Public administration researchers Dr. Chris Reddick, Dr. Barbara McCabe, and Dr. Tansu Demir, study the innate characteristics that comprise the profession for city managers.
by Jesus Chavez, Public Affairs Specialist
What makes a professional public servant? A new study by UTSA researchers Christopher Reddick, Barbara C. McCabe and Tansu Demir surveyed more than 1,000 city managers, the prototypical public administrator, to find out.
According to Reddick, professor and chair of the UTSA Department of Public Administration, no consensus currently exists about what professionalism looks like in public service.

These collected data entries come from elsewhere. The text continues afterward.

-- ===== src/Laicc/Driver/Runs.antt =====
-- What a run of the command leaves behind.
use laic.Prelude.{
  ℕ, ◌≡◌, refl, sym, ap, ◌∙◌, true, false, String, some, List, Result, ok, err, panicked, done, ◌⊎◌,
  inl, inr, Option-cases, ok-injective, bind-ok,
}
use mathlib.Core.Path.{subst}
use laic.Prelude.Detail.{Detail, Piece}
use laic.Laicc.Ast.{ℤ, LaicType, LaicFile, CompileError}
use laic.Laicc.Validate.File.{validate}
use laic.Laicc.Parser.Tree.{Pairs}
use laic.Laicc.Parser.File.{parse_source, compile}
use laic.Laicc.Codegen.Emitted.{panics, any}
use laic.Laicc.Codegen.Rust.Contract.{generate_rust}
use laic.Laicc.Codegen.Rust.Panics.{skill_panics, generate_rust-panics}
use laic.Laicc.Driver.{
  rust, Cli, Files, fmt, generate, read_contract, out_path, write_bindings, bindings,
  generate_bindings,
}

module _ (parse_float : String → Result ℕ Piece) (laic_parser : String → Result Pairs Piece)
    (debug : LaicType → Piece) (show : ℤ → Piece) where
  -- What `compile` returns was parsed from the source, and has passed validation.
  pub compile-ok :
      (source : String) (file : LaicFile)
      → compile parse_float laic_parser debug show source ≡ ok file
      → (parse_source parse_float laic_parser source ≡ ok file) × (validate debug show file ≡ done)
  unfolding compile
  compile-ok source file h =
      let (file', parsed, rest) = bind-ok (parse_source parse_float laic_parser source) _ h in
      let (_, valid, same) = bind-ok (validate debug show file') _ rest in
      (
        parsed ∙ same,
        subst (λ (f : LaicFile). validate debug show f ≡ done) (ok-injective same) valid,
      )

module _ {World : Type 0} (fs : Files World) (show_float : ℕ → List ℕ)
    (parse_float : String → Result ℕ Piece) (laic_parser : String → Result Pairs Piece)
    (debug : LaicType → Piece) (show : ℤ → Piece) (cli : Cli) (input source : String)
    (w : World) where
  -- A contract that cannot be read as one is reported, and nothing is written.
  pub generate_bindings-rejects :
      (e : CompileError)
      → cli.input ≡ some input
      → fs.read_to_string input w ≡ ok source
      → compile parse_float laic_parser debug show source ≡ err e
      → generate_bindings fs show_float parse_float laic_parser debug show cli w ≡ (err (fmt e), w)
  unfolding generate_bindings bindings read_contract
  generate_bindings-rejects e named read compiled = rw (named, read, compiled) refl

  -- How a run for Rust ends: a panic that leaves everything as it was, or the writing of the code.
  abbrev pub RustOutcome : LaicFile → Type 0
  RustOutcome file =
      ((any skill_panics file.skills ≡ true)
        × (generate_bindings fs show_float parse_float laic_parser debug show cli w
            ≡ (panicked, w)))
      ⊎ ((code : Detail) × (any skill_panics file.skills ≡ false)
          × (generate_rust show_float file ≡ some code)
          × (generate_bindings fs show_float parse_float laic_parser debug show cli w
              ≡ write_bindings fs cli.output (out_path fs cli input) code w))

  -- For Rust, a contract that compiles and has a field that is a list of options makes the command
  -- panic before it writes anything; without such a field, what is left of the run is the writing of
  -- the generated code to the output path.
  pub generate_bindings-rust :
      (file : LaicFile)
      → cli.lang ≡ rust
      → cli.input ≡ some input
      → fs.read_to_string input w ≡ ok source
      → compile parse_float laic_parser debug show source ≡ ok file
      → RustOutcome file
  unfolding generate_bindings bindings read_contract generate
  generate_bindings-rust file lang named read compiled =
      let (_, valid) = compile-ok parse_float laic_parser debug show source file compiled in
      let panic = generate_rust-panics show_float debug show file valid in
      elim (Option-cases (generate_rust show_float file)) [
        | inl gone ↦ inl (sym panic ∙ ap panics gone, rw (named, read, compiled, lang, gone) refl)
        | inr (code, made) ↦
            inr
              (code, sym panic ∙ ap panics made, made, rw (named, read, compiled, lang, made) refl)
      ]
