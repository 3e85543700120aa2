-- ===== src/Examples/Contracts.antt =====
-- The theorems on the compiler at a contract with a list of options.
use laic.Prelude.{
  ℕ, ◌≡◌, ◌↔◌, refl, true, String, none, some, List, [], ◌∷◌, ◌++◌, Result, ok, done, arith,
}
use laic.Prelude.Detail.{Piece, text}
use laic.Laicc.Ast.{
  ℤ, LaicType, i32_ty, f32_ty, list, optional, float, FieldDef, StructDef, SkillDef, LaicFile,
}
use laic.Laicc.Validate.Types.{validate_field_type, list_constraints, optional_constraints}
use laic.Laicc.Validate.Names.{
  is_reserved_codegen_identifier, validate_codegen_identifier, validate_errors,
  validate_errors_from, validate_error,
}
use laic.Laicc.Validate.File.{
  validate, validate_skills_from, validate_skill, validate_struct, validate_fields_from,
  validate_field, validate_default, validate_default_compat,
}
use laic.Laicc.Validate.File.Accepted.{FileOk, validate_iff}
use laic.Laicc.Parser.Tree.{Pair, pair, Pairs, nil, next}
use laic.Laicc.Parser.Tree
use laic.Laicc.Parser.Text.Strings.{quoted}
use laic.Laicc.Parser.File.{parse_file, compile}
use laic.Laicc.Parser.Grammar.{
  IsFile, a_file, skill, end, no_errors, a_struct, field, field_with_default, no_field, a_list,
  an_optional, an_i32, an_f32, number,
}
use laic.Laicc.Parser.Compile.{parse_file-IsFile, compile_iff}
use laic.Laicc.Codegen.Emitted.{panics, for_each}
use laic.Laicc.Codegen.Text.{codes, python_like, rust, escape_string_literal_body}
use laic.Laicc.Codegen.Text.Reader.{read, plain}
use laic.Laicc.Codegen.Text.Literals.{read-escape_python, read-escape_rust}
use laic.Laicc.Codegen.Rust.Contract.{generate_rust}
use laic.Laicc.Codegen.Rust.Panics.{generate_rust-panics}
use laic.Prelude.{All}
use laic.Laicc.Codegen.Python.Contract.{generate_dataclass}
use laic.Laicc.Codegen.Python.Fields.{
  Required, Optional, Interleaving, declaration, heading, methods, generate_dataclass_lem,
}
use laic.Laicc.Driver.{Cli, Files}
use laic.Laicc.Driver
use laic.Laicc.Driver.Runs.{RustOutcome, generate_bindings-rust}

abbrev debug : LaicType → Piece
debug t = text "type"

abbrev show : ℤ → Piece
show v = text "value"

abbrev show_float : ℕ → List ℕ
show_float f = codes "0.5"

abbrev parse_float : String → Result ℕ Piece
parse_float s = ok 1056964608

abbrev input_def : StructDef
input_def = record {
  name = "EmbedInput";
  fields = record { name = "ids"; ty = list (optional i32_ty); default = none } ∷ [];
}

abbrev output_def : StructDef
output_def = record {
  name = "EmbedOutput";
  fields = record { name = "score"; ty = f32_ty; default = some (float 1056964608) } ∷ [];
}

abbrev embed : SkillDef
embed = record { name = "Embed"; id = "embed"; input = input_def; output = output_def; errors = [] }

abbrev contract : LaicFile
contract = record { version = "1.0"; skills = embed ∷ [] }

contract-valid : validate debug show contract ≡ done
unfolding validate validate_skills_from validate_skill validate_struct validate_fields_from
    validate_field validate_default validate_default_compat validate_field_type list_constraints
    optional_constraints is_reserved_codegen_identifier validate_codegen_identifier validate_errors
    validate_errors_from validate_error
contract-valid = refl

validate_iff_example : (validate debug show contract ≡ done) ↔ FileOk contract
validate_iff_example = validate_iff debug show contract

generate_rust-panics_example : panics (generate_rust show_float contract) ≡ true
generate_rust-panics_example = generate_rust-panics show_float debug show contract contract-valid

-- A tree of the grammar for the contract. The text of a pair that holds others does not matter.
abbrev leaf : Tree.Rule → String → Pair
leaf r s = pair r s nil

abbrev node : Tree.Rule → Pairs → Pair
node r ps = pair r "" ps

abbrev one : Pair → Pairs
one p = next p nil

abbrev ids_type : Pair
ids_type = node Tree.laic_type (
    one (
      node Tree.list_type (
        one
          (node Tree.laic_type (one (node Tree.optional_type (one (leaf Tree.laic_type "i32"))))))))

abbrev ids_field : Pair
ids_field = node Tree.field_def (next (leaf Tree.ident "ids") (one ids_type))

abbrev score_field : Pair
score_field = node Tree.field_def (
    next (leaf Tree.ident "score") (
      next (leaf Tree.laic_type "f32") (
        one (
          node Tree.default_value
            (one (node Tree.literal (one (leaf Tree.float_literal "0.5"))))))))

abbrev skill_tree : Pair
skill_tree = node Tree.skill_def (
    next (leaf Tree.ident "Embed") (
      next (node Tree.id_decl (one (leaf Tree.string_literal (quoted "embed")))) (
        next (node Tree.input_def (next (leaf Tree.ident "EmbedInput") (one ids_field))) (
          next (node Tree.output_def (next (leaf Tree.ident "EmbedOutput") (one score_field)))
            nil))))

abbrev tree : Pair
tree = node Tree.file (
    next (node Tree.version_decl (one (leaf Tree.string_literal (quoted "1.0"))))
      (next skill_tree (one (leaf Tree.eoi ""))))

tree-IsFile : IsFile parse_float tree contract
tree-IsFile = a_file (ground arith) (
    skill (ground arith) (a_struct (field (a_list (an_optional an_i32)) no_field))
      (a_struct (field_with_default an_f32 (number refl) no_field)) no_errors end)

abbrev laic_parser : String → Result Pairs Piece
laic_parser s = ok (one tree)

parse_file-IsFile_example : parse_file parse_float tree ≡ ok contract
parse_file-IsFile_example = parse_file-IsFile parse_float tree contract tree-IsFile

compile_iff_example :
    (compile parse_float laic_parser debug show "source" ≡ ok contract) ↔ FileOk contract
compile_iff_example =
    compile_iff parse_float debug show laic_parser "source" tree contract refl tree-IsFile

compiled : compile parse_float laic_parser debug show "source" ≡ ok contract
compiled =
    (compile_iff parse_float debug show laic_parser "source" tree contract refl tree-IsFile).1
      ((validate_iff debug show contract).0 contract-valid)

-- A file system that records the paths of what is written.
abbrev files : Files (List String)
files = record {
  read_to_string = λ path w. ok "source";
  create_dir_all = λ path w. (done, path ∷ w);
  write = λ path code w. (done, path ∷ w);
  print = λ t w. w;
  eprint = λ t w. w;
  file_stem = λ path. some path;
  join = λ directory file. directory;
}

abbrev cli : Cli
cli = record { input = some "embed"; command = none; lang = Driver.rust; output = "out" }

generate_bindings-rust_example :
    RustOutcome files show_float parse_float laic_parser debug show cli "embed" "source" [] contract
generate_bindings-rust_example =
    generate_bindings-rust files show_float parse_float laic_parser debug show cli "embed" "source"
      [] contract refl refl refl compiled

-- A text with a quote, a line end, and the control character U+0001.
abbrev awkward : List ℕ
awkward = 34 ∷ 10 ∷ 1 ∷ 65 ∷ []

read-escape_python_example :
    read python_like plain (escape_string_literal_body python_like awkward ++ 34 ∷ 59 ∷ [])
    ≡ some (awkward, 59 ∷ [])
read-escape_python_example = read-escape_python awkward (59 ∷ [])

read-escape_rust_example :
    read rust plain (escape_string_literal_body rust (133 ∷ awkward) ++ 34 ∷ 59 ∷ []) ≡ none
read-escape_rust_example = read-escape_rust (133 ∷ awkward) (59 ∷ [])

-- A struct that puts a field with a default first.
abbrev mixed_def : StructDef
mixed_def = record {
  name = "EmbedOutput";
  fields =
      record { name = "score"; ty = f32_ty; default = some (float 1056964608) }
      ∷ record { name = "count"; ty = i32_ty; default = none }
      ∷ [];
}

generate_dataclass_lem_example :
    (required : List FieldDef) × (optional : List FieldDef) × All Required required
    × All Optional optional
    × Interleaving required optional mixed_def.fields
    × (generate_dataclass show_float embed mixed_def "output" "1.0"
        ≡ heading embed mixed_def "output" "1.0"
          ++ for_each (declaration show_float) (required ++ optional)
          ++ methods show_float embed mixed_def "output" "1.0")
generate_dataclass_lem_example = generate_dataclass_lem show_float embed mixed_def "output" "1.0"
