-- ===== src/Protocol/Constants.antt =====
-- crates/laic/src/protocol/constants.rs: magic, version, message types and flag bits.
use laic.Prelude.{ℕ, ◌*◌, ◌^◌}

abbrev pub magic : ℕ
magic = 0x4C41_4943

abbrev pub version : ℕ
version = 0x0001

abbrev pub header_size : ℕ
header_size = 40

-- `MsgType` is a newtype over `u16`: `new` and `as_u16` are the identity.
abbrev pub MsgType : Type 0
MsgType = ℕ

abbrev pub msg_data : MsgType
msg_data = 0x0001

abbrev pub msg_control : MsgType
msg_control = 0x0002

abbrev pub msg_ack : MsgType
msg_ack = 0x0003

abbrev pub msg_heartbeat : MsgType
msg_heartbeat = 0x0004

abbrev pub flag_compressed : ℕ
flag_compressed = 1 * 2 ^ 0

abbrev pub flag_fragmented : ℕ
flag_fragmented = 1 * 2 ^ 1

abbrev pub flag_ack_requested : ℕ
flag_ack_requested = 1 * 2 ^ 2

abbrev pub flag_end_of_stream : ℕ
flag_end_of_stream = 1 * 2 ^ 3

abbrev pub flag_has_credit_grant : ℕ
flag_has_credit_grant = 1 * 2 ^ 4
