-- ===== src/Protocol/PayloadFormat.antt =====
-- crates/laic/src/protocol/constants.rs: `PayloadFormat`.
use laic.Prelude.{ℕ, ◌<◌, ◌≡◌, refl, ◌==◌, if◌then◌else◌, Result, ok, err, arith}
use laic.Error.Protocol.{ProtocolError, invalid_payload_format}

pub data PayloadFormat : Type 0 where
  arrow protobuf raw : PayloadFormat

unfoldable pub from_u8 : ℕ → Result PayloadFormat ProtocolError
from_u8 value =
    if value == 0
    then ok arrow
    else if value == 1
    then ok protobuf
    else if value == 2
    then ok raw
    else err (invalid_payload_format value)

-- The cast `as u8`
unfoldable pub as_u8 : PayloadFormat → ℕ
as_u8 arrow = 0
as_u8 protobuf = 1
as_u8 raw = 2

pub from_u8-as_u8 : (f : PayloadFormat) → from_u8 (as_u8 f) ≡ ok f
unfolding from_u8 as_u8
from_u8-as_u8 arrow = refl
from_u8-as_u8 _ = refl

pub as_u8-from_u8 : (b : ℕ) (f : PayloadFormat) → from_u8 b ≡ ok f → as_u8 f ≡ b
unfolding from_u8 as_u8
as_u8-from_u8 b f h = ground arith

pub as_u8-lt : (f : PayloadFormat) → as_u8 f < 256
unfolding as_u8
as_u8-lt f = ground arith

“Public servants, and city managers in particular, don’t have any institutional characteristics that mark traditional professions,” Reddick said. “There is no licensure, no mandatory educational programs, required membership in a professional association that polices its members, and no monopoly over entry into the profession.”
“In essence, to be a public servant or city manager, the basic requirement is being hired for the position,” added McCabe. “Given the breadth of public service, it is difficult even to define what public managers actually do.”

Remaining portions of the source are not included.